> _What you are asked to do_:
A stretch of the entries below is to be set down exactly, running from the line with "get_elem?-take (q ∷ rows) (suc c) zero" through the line with "Passes rows n = (r", both included, and no other line.

> _Supplied information_:

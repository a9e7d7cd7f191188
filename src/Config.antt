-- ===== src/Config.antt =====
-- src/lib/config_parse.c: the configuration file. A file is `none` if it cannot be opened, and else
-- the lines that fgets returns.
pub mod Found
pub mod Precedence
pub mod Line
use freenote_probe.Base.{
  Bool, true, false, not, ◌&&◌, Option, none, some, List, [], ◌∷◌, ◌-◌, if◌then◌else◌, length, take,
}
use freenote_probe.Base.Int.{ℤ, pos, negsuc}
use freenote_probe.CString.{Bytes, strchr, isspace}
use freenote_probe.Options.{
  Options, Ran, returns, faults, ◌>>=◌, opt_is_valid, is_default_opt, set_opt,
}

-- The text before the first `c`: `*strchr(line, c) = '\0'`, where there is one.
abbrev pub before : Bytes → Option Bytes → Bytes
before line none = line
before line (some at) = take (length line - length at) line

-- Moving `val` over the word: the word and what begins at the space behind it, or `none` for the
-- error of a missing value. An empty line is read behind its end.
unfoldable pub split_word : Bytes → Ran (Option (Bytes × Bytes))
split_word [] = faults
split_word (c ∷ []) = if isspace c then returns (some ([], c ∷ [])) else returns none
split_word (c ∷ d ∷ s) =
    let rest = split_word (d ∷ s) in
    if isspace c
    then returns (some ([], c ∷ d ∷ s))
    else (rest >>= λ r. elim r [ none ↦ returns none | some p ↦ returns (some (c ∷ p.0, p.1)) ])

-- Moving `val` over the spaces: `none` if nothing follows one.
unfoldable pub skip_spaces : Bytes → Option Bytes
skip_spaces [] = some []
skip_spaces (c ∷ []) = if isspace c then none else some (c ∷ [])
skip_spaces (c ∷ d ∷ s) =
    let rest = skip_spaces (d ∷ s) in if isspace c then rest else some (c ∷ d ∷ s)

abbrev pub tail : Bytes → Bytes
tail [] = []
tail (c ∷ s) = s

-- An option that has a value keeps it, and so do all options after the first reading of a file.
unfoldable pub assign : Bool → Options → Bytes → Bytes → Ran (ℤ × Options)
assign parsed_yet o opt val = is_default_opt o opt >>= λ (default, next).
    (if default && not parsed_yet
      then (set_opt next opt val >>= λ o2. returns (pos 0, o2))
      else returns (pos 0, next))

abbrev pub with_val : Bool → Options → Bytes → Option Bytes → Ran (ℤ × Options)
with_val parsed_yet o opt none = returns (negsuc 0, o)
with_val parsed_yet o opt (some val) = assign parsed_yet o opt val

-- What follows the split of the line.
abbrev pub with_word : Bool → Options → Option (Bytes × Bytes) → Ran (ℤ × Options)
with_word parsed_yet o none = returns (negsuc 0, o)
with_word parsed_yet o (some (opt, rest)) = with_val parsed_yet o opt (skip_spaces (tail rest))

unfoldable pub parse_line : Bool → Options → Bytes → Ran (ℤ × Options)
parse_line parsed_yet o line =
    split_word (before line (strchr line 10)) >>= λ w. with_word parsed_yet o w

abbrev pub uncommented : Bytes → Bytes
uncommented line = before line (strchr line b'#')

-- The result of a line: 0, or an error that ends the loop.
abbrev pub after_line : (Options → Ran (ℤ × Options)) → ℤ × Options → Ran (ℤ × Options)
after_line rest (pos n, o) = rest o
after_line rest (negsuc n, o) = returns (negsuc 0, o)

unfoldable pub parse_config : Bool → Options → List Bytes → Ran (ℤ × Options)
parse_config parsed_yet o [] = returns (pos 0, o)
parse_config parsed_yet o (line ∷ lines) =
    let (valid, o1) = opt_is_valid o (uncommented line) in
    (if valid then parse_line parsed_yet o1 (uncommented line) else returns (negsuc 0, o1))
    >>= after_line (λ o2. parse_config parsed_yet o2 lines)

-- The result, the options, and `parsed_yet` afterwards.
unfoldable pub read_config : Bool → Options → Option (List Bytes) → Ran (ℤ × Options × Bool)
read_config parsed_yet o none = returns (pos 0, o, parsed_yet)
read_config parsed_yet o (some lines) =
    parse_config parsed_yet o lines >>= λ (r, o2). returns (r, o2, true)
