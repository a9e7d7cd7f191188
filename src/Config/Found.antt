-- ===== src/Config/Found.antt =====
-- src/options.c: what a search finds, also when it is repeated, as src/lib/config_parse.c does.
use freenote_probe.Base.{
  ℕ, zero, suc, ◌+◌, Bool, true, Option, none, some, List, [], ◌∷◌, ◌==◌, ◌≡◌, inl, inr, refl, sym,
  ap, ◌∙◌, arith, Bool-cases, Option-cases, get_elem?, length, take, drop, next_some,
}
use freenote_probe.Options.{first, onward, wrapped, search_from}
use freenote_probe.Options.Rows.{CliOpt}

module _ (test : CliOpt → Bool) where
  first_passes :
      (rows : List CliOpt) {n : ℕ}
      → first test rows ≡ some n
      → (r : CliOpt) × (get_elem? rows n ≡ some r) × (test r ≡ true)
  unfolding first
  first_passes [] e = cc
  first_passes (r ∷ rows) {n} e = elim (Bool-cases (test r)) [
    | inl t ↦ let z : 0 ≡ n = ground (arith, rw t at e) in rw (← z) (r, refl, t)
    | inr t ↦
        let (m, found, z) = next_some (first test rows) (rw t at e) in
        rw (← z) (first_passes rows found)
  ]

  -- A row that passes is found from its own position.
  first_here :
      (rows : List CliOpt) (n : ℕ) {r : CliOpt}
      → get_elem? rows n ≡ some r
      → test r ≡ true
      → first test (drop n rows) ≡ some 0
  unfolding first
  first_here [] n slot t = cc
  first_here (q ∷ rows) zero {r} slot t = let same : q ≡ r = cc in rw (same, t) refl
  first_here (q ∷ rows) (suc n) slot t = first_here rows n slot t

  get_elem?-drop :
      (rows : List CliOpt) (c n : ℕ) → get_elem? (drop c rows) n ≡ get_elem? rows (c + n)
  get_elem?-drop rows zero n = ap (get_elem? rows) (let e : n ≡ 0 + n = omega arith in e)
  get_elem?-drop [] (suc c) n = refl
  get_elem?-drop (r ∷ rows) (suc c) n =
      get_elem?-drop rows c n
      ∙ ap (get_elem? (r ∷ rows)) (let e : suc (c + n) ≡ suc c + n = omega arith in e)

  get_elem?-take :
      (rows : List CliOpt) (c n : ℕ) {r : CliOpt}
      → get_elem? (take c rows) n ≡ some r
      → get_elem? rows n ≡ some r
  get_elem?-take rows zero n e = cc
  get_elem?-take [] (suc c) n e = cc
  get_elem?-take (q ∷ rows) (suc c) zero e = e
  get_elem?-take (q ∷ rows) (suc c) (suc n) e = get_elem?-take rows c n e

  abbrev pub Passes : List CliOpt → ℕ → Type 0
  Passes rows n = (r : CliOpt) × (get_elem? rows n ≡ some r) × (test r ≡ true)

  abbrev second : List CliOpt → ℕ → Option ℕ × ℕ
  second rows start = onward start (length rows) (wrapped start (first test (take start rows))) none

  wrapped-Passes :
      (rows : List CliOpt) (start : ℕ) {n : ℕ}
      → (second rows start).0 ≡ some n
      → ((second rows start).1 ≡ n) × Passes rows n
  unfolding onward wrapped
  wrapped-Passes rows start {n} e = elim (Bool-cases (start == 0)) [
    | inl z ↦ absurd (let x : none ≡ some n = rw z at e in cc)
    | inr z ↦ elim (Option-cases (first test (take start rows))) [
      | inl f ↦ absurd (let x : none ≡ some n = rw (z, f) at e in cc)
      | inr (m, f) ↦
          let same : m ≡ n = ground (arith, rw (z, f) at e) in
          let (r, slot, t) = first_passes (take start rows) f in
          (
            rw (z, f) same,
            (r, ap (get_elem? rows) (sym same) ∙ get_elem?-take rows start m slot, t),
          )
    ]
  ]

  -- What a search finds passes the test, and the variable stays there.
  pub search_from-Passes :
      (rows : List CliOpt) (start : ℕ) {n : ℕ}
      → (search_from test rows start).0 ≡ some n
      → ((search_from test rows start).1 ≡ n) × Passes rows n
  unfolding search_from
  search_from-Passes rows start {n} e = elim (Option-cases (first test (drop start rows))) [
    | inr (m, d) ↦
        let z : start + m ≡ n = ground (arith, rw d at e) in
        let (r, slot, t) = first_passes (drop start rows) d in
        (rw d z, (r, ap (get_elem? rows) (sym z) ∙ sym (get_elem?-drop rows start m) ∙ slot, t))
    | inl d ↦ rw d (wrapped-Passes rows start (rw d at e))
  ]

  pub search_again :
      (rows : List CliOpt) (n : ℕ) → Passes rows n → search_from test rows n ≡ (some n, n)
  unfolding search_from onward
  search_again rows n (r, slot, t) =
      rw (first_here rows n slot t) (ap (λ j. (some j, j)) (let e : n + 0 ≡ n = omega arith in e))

> _Answer space_:
  get_elem?-take (q ∷ rows) (suc c) zero e = e
  get_elem?-take (q ∷ rows) (suc c) (suc n) e = get_elem?-take rows c n e

  abbrev pub Passes : List CliOpt → ℕ → Type 0
  Passes rows n = (r : CliOpt) × (get_elem? rows n ≡ some r) × (test r ≡ true)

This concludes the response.